----- Data to use -----

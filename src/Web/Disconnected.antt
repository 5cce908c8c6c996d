-- ===== src/Web/Disconnected.antt =====
-- Requests served one after the other behind a DELETE of the connection.
use query_smith.Prelude.{ℕ, suc, List, [], ◌∷◌, ◌≡◌, refl, All}
use query_smith.Prelude.Pairs.{Pairs}
use query_smith.Float.{Float}
use query_smith.Db.QuerySafety.{Sqlglot}
use query_smith.Adapter.Xml.{Lxml}
use query_smith.Web.Session.{not_connected}
use query_smith.Web.LastResult.{no_result}
use query_smith.Web.Handler.{
  Stores, no_stores, Reply, reply, http_exception, connection_status, no_content, exec,
}
use query_smith.Web.Replies.{not_connected_status}
use query_smith.Web.App.{
  Services, Request, post_connection, read_connection, end_connection, read_views, post_query,
  post_propose_fix, handle, get_connection, delete_connection, get_views, run_query, propose_fix,
}

module _ {F : Type 0} where
  abbrev pub KeepsOut : Request F → Type 0
  KeepsOut (post_connection body) = ⊥
  KeepsOut request = Unit

  -- What a request other than a connect gets without a connection and without a result.
  abbrev pub Denied : Request F → Reply F → Type 0
  Denied (post_connection body) r = ⊥
  Denied read_connection r = r ≡ reply (connection_status not_connected_status)
  Denied end_connection r = r ≡ reply no_content
  Denied read_views r = r ≡ http_exception 409 not_connected
  Denied (post_query body) r = r ≡ http_exception 409 not_connected
  Denied (post_propose_fix body) r = r ≡ http_exception 409 no_result

module _ (lx : Lxml) (sg : Sqlglot) {F : Type 0} ⦃fl : Float F⦄ (world : ℕ → Services F) where
  -- The stores and the replies behind requests that no other one interrupts.
  abbrev pub serve_all : ℕ → List (Request F) → Stores F → Stores F × List (Reply F)
  serve_all n [] s = (s, [])
  serve_all n (request ∷ requests) s =
      let served = exec (handle lx sg (world n) request) s in
      let later = serve_all (suc n) requests served.0 in (later.0, served.1 ∷ later.1)

  handle-Denied :
      (n : ℕ) (request : Request F)
      → KeepsOut request
      → ((exec (handle lx sg (world n) request) no_stores).0 ≡ no_stores)
        × Denied request (exec (handle lx sg (world n) request) no_stores).1
  unfolding get_connection delete_connection get_views run_query propose_fix
  handle-Denied n (post_connection body) h = absurd h
  handle-Denied n read_connection h = (refl, refl)
  handle-Denied n end_connection h = (refl, refl)
  handle-Denied n read_views h = (refl, refl)
  handle-Denied n (post_query body) h = (refl, refl)
  handle-Denied n (post_propose_fix body) h = (refl, refl)

  serve_all-no_stores :
      (n i : ℕ) (requests : List (Request F)) (s : Stores F)
      → s ≡ no_stores
      → All KeepsOut requests
      → ((serve_all n requests s).0 ≡ no_stores)
        × Pairs (λ _. Denied) i requests (serve_all n requests s).1
  serve_all-no_stores n i [] s e h = (e, tt)
  serve_all-no_stores n i (request ∷ requests) s e (first, rest) =
      let (same, denied) = handle-Denied n request first in
      let (empty, later) =
        serve_all-no_stores (suc n) (suc i) requests (exec (handle lx sg (world n) request) s).0
          (rw e same) rest in
      (empty, (rw e denied, later))

  -- However the stores stood, and whatever the injected functions would do: after a DELETE of the
  -- connection, requests served one after the other, none of them a connect, leave the stores
  -- empty, and each gets its refusal: 409 for views, queries and fixes, and a status that says that
  -- there is no connection.
  pub serve_all-Denied :
      (n : ℕ) (requests : List (Request F)) (s : Stores F)
      → All KeepsOut requests
      → let served = serve_all n (end_connection ∷ requests) s in
        (served.0 ≡ no_stores) × Pairs (λ _. Denied) 0 (end_connection ∷ requests) served.1
  unfolding delete_connection
  serve_all-Denied n requests s h =
      let (empty, later) =
        serve_all-no_stores (suc n) 1 requests (exec (handle lx sg (world n) end_connection) s).0
          refl h in
      (empty, (refl, later))
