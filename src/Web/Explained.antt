-- ===== src/Web/Explained.antt =====
-- The findings of a query's response beside what the model said of them.
use query_smith.Prelude.{
  ℕ, ◌+◌, arith, String, List, Option, none, some, get_elem?, length, ◌≡◌, refl, if◌then◌else◌,
}
use query_smith.Prelude.Outcome.{ok}
use query_smith.Float.{Float}
use query_smith.Text.{truthy?}
use query_smith.Ir.Names.{severity_value}
use query_smith.Json.{Fields}
use query_smith.Rules.Finding.{Finding}
use query_smith.Narration.Models.{GenerateFn, PlanSummary, FindingNarration, Narration}
use query_smith.Narration.Prompt.{build_prompt}
use query_smith.Narration.Response.{read_response}
use query_smith.Narration.Engine.{get_narration}
use query_smith.Narration.Engine.Laws.{IsFaithful, get_narration-IsFaithful, said, explanation_of}
use query_smith.Prelude.Pairs.{Pairs-map_enumerate, Pairs-get_elem?}
use query_smith.Web.Schemas.{FindingItem}
use query_smith.Web.Replies.{finding_item, source_value, to_query_response}

-- Item `i` repeats the finding, Tier 0's fix included; it has an explanation, the model's if it
-- gave one and the fallback otherwise, labelled by its source; and the model's fix only where
-- Tier 0 has none.
pub record Explains (raw : Option Fields) (count i : ℕ) (f : Finding) (item : FindingItem)
    : Type 0 where
  pub rule_id : item.rule_id ≡ f.rule_id
  pub severity : item.severity ≡ severity_value f.severity
  pub operator_id : item.operator_id ≡ f.operator_id
  pub summary : item.summary ≡ f.summary
  pub detail : item.detail ≡ f.detail
  pub suggested_fix : item.suggested_fix ≡ f.suggested_fix
  pub explained : item.explanation ≡ some ((explanation_of (said "explanation" raw count i) f).0)
  pub credited :
      item.explanation_source
      ≡ some (source_value ((explanation_of (said "explanation" raw count i) f).1))
  pub model_fix :
      item.model_suggested_fix
      ≡ (if truthy? f.suggested_fix then none else said "suggested_fix" raw count i)

finding_item-Explains :
    (raw : Option Fields) (count i : ℕ) (f : Finding) (narration : Narration) (n : FindingNarration)
    → get_elem? narration.findings i ≡ some n
    → IsFaithful raw count i f n
    → Explains raw count i f (finding_item (some narration) i f)
finding_item-Explains raw count i f narration n at h = record {
  rule_id = refl;
  severity = refl;
  operator_id = refl;
  summary = refl;
  detail = refl;
  suggested_fix = refl;
  explained = rw (at, h.explained) refl;
  credited = rw (at, h.credited) refl;
  model_fix = rw at (h.fixed);
}

module _ {F : Type 0} ⦃fl : Float F⦄ (findings : List Finding) (plan_summary : PlanSummary F)
    (model : String) (client : GenerateFn) where
  -- When `get_narration` returns, item `i` of the response is about finding `i`, for every
  -- position: it repeats the finding, and it has what the answer holds for this index as
  -- explanation and fix, or the fallback.
  pub to_query_response-Explains :
      (narration : Narration)
      → get_narration findings plan_summary model client ≡ ok narration
      → (raw : Option Fields) × (reason : Option String) × (read_response
            (client (build_prompt plan_summary findings) model)
          ≡ ok (raw, reason))
        × ((i : ℕ) (f : Finding)
            → get_elem? findings i ≡ some f
            → (item : FindingItem) × (get_elem?
                  (to_query_response plan_summary findings (some narration)).findings
                  i
                ≡ some item)
              × Explains raw (length findings) i f item)
  unfolding to_query_response
  to_query_response-Explains narration e =
      let (raw, reason, answered, pairs) =
        get_narration-IsFaithful findings plan_summary model client narration e in
      (
        raw,
        reason,
        answered,
        λ i f at_i.
            let made = finding_item (some narration) in
            let zeroth : 0 + i ≡ i = omega arith in
            let (n, at_n, faithful) =
              Pairs-get_elem? _ 0 i findings narration.findings f pairs at_i in
            let (item, at_item, same) =
              Pairs-get_elem? (λ j g (item : FindingItem). item ≡ made j g) 0 i findings _ f
                (Pairs-map_enumerate _ made (λ j g. refl) 0 findings) at_i in
            (
              item,
              at_item,
              rw (same, zeroth)
                  (finding_item-Explains raw (length findings) i f narration n at_n
                    (rw zeroth at faithful)),
            ),
      )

-----

__What to do__
The expected answer is an exact copy of the lines above, beginning at the line with "findings i ≡ some f" and ending at the line with "let (raw, reason, answered, pairs)", with both ends in.

__Answer space__
            → get_elem? findings i ≡ some f
            → (item : FindingItem) × (get_elem?
                  (to_query_response plan_summary findings (some narration)).findings
                  i
                ≡ some item)
              × Explains raw (length findings) i f item)
  unfolding to_query_response
  to_query_response-Explains narration e =
      let (raw, reason, answered, pairs) =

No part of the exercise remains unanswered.